# price of diesel fuel



## campfire (Sep 9, 2007)

Reading through the diesel trucks thread I found a lot of knowledgable and experienced responses. So do any of you have a good reliable explanation for the fluxuation and the disparity of diesel fuel compared to gas? If both are refined from curde oil why is there so much disparity and fluxuation?


----------



## threshershark (Sep 7, 2007)

I don't really have any complete explaination, but here are some thoughts:

1) Diesel in some ways can be considered a byproduct of gasoline production (although you could also consider gasoline to be a logical step in the refining of diesel). Because of this, historically, it has been cheaper.
2) While diesel in its basic form can be easier to refine from crude oil than gas, removing the sulfur isn't so simple. Low-sulfur requirements have added steps and expense to the production of diesel.
3) It's my understanding that a barrel of crude can yield as high as 50% gasoline via the refining process, but only about 22% diesel. A 42-gallon barrel produces 8-9 gallons of diesel.
4) Commercial trucking and high volume applications use diesel fuel, which imposes some high volume demand on a product with lower yield per barrel of crude. Diesel consumer trucks, once somewhat rare in the US, now are extremely popular. Over 80% of Dodge heavy duty trucks are sold with the Cummins, for example.

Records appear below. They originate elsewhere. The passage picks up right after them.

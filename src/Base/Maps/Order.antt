-- ===== src/Base/Maps/Order.antt =====
-- The order of the keys, and assignments in another order.
use Prim.Native.Nat.{Ordering}
use mathlib.Core.Path.{◌≡◌, refl, sym, ap}
use mathlib.Core.List.{[], ◌∷◌, ◌++◌}
use mathlib.Core.Bool.{false}
use native.Mathlib.Omega.{arith}
use libcoda_net.Base.Lists.{Bytes}
use libcoda_net.Base.Text.{same, same_iff}
use libcoda_net.Base.Maps.{Dict, order, order-eq, assign}

pub order-lt : (k j : Bytes) → order k j ≡ Ordering.lt → order j k ≡ Ordering.gt
unfolding order
order-lt [] [] h = cc
order-lt [] (y ∷ ys) h = refl
order-lt (x ∷ xs) [] h = cc
order-lt (x ∷ xs) (y ∷ ys) h = ground (arith, order-lt xs ys)

pub order-gt : (k j : Bytes) → order k j ≡ Ordering.gt → order j k ≡ Ordering.lt
unfolding order
order-gt [] [] h = cc
order-gt [] (y ∷ ys) h = cc
order-gt (x ∷ xs) [] h = refl
order-gt (x ∷ xs) (y ∷ ys) h = ground (arith, order-gt xs ys)

pub order_trans :
    (k j i : Bytes) → order k j ≡ Ordering.lt → order j i ≡ Ordering.lt → order k i ≡ Ordering.lt
unfolding order
order_trans [] [] i h g = cc
order_trans [] (y ∷ ys) [] h g = cc
order_trans [] (y ∷ ys) (z ∷ zs) h g = refl
order_trans (x ∷ xs) [] i h g = cc
order_trans (x ∷ xs) (y ∷ ys) [] h g = cc
order_trans (x ∷ xs) (y ∷ ys) (z ∷ zs) h g = ground (arith, order_trans xs ys zs)

assign-lt :
    (k j v w : Bytes) (m : Dict)
    → order k j ≡ Ordering.lt
    → assign k v (assign j w m) ≡ assign j w (assign k v m)
unfolding assign
assign-lt k j v w [] h = ground (arith, order-lt k j)
assign-lt k j v w ((i, u) ∷ m) h = ground (
  arith,
  assign-lt k j v w m h,
  order-lt k j,
  order-lt k i,
  order-gt k i,
  order_trans k j i,
  order-eq k i,
  order-eq j i,
)

-- Two assignments of different keys can be swapped.
pub assign_comm :
    (k j v w : Bytes) (m : Dict)
    → same k j ≡ false
    → assign k v (assign j w m) ≡ assign j w (assign k v m)
assign_comm k j v w m h = by_order (order k j) refl
  where
    by_order :
        (o : Ordering) → order k j ≡ o → assign k v (assign j w m) ≡ assign j w (assign k v m)
    by_order Ordering.lt e = assign-lt k j v w m e
    by_order Ordering.gt e = sym (assign-lt j k w v m (order-gt k j e))
    by_order Ordering.eq e = grind (arith, order-eq k j e, same_iff k j)

-- An assignment leaves its pair somewhere in the map.
pub assign-split :
    (k v : Bytes) (m : Dict) → (before after : Dict) × (assign k v m ≡ before ++ ((k, v) ∷ after))
unfolding assign
assign-split k v [] = ([], [], refl)
assign-split k v ((j, w) ∷ m) = by_order (order k j) refl (assign-split k v m)
  where
    by_order :
        (o : Ordering)
        → order k j ≡ o
        → (before after : Dict) × (assign k v m ≡ before ++ ((k, v) ∷ after))
        → (before after : Dict) × (assign k v ((j, w) ∷ m) ≡ before ++ ((k, v) ∷ after))
    by_order Ordering.lt e r = ([], (j, w) ∷ m, rw (e, assign))
    by_order Ordering.eq e r = ([], m, rw (e, assign) (ap (λ x. (x, v) ∷ m) (sym (order-eq k j e))))
    by_order Ordering.gt e (before, after, r) =
        ((j, w) ∷ before, after, rw (e, assign) (ap (λ x. (j, w) ∷ x) r))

Basically I think demand has been on the constant increase, low-sulfur requirements have added cost to production, and oil supplies have been tighter causing the lower yield product of diesel to be more costly. I would also not be surprised at all if there's some gouging by the oil companies involved. All the "majors" are turning giant record profits, and commercial applications such as trucking tend to have deeper pockets.


----------



## threshershark (Sep 7, 2007)

*Price of TRUCKS*

I have a related question for those w/ diesel trucks:

Stepping up to the diesel engines has always been a somewhat pricey option, say $4,000 on average for a new truck. Given the better mileage and excellent towing performance, diesels traditionally have paid for themselves in the long haul.

Now that new emissions requirements have increased the cost of the engine to $7000+, has the price finally exceeded the benefit? I paid exactly $29K for my new 2003 Duramax, and doubt if I would be able to get out the door for less than $37K now.

How many think a diesel has enough value to offset the $7K pricetag?


----------



## sagebrush (Sep 8, 2007)

from someone that has owned an 1/2 for the most part. taking the step and up grading will benefit me in the long run. I will no longer be held back from the capabilities of the 1/2 ton. I do not like the price of diesel fuel, but what can one do? trade it in for gasser. 
I will keep the diesel and hope the mileage I get, will off set the price some.


----------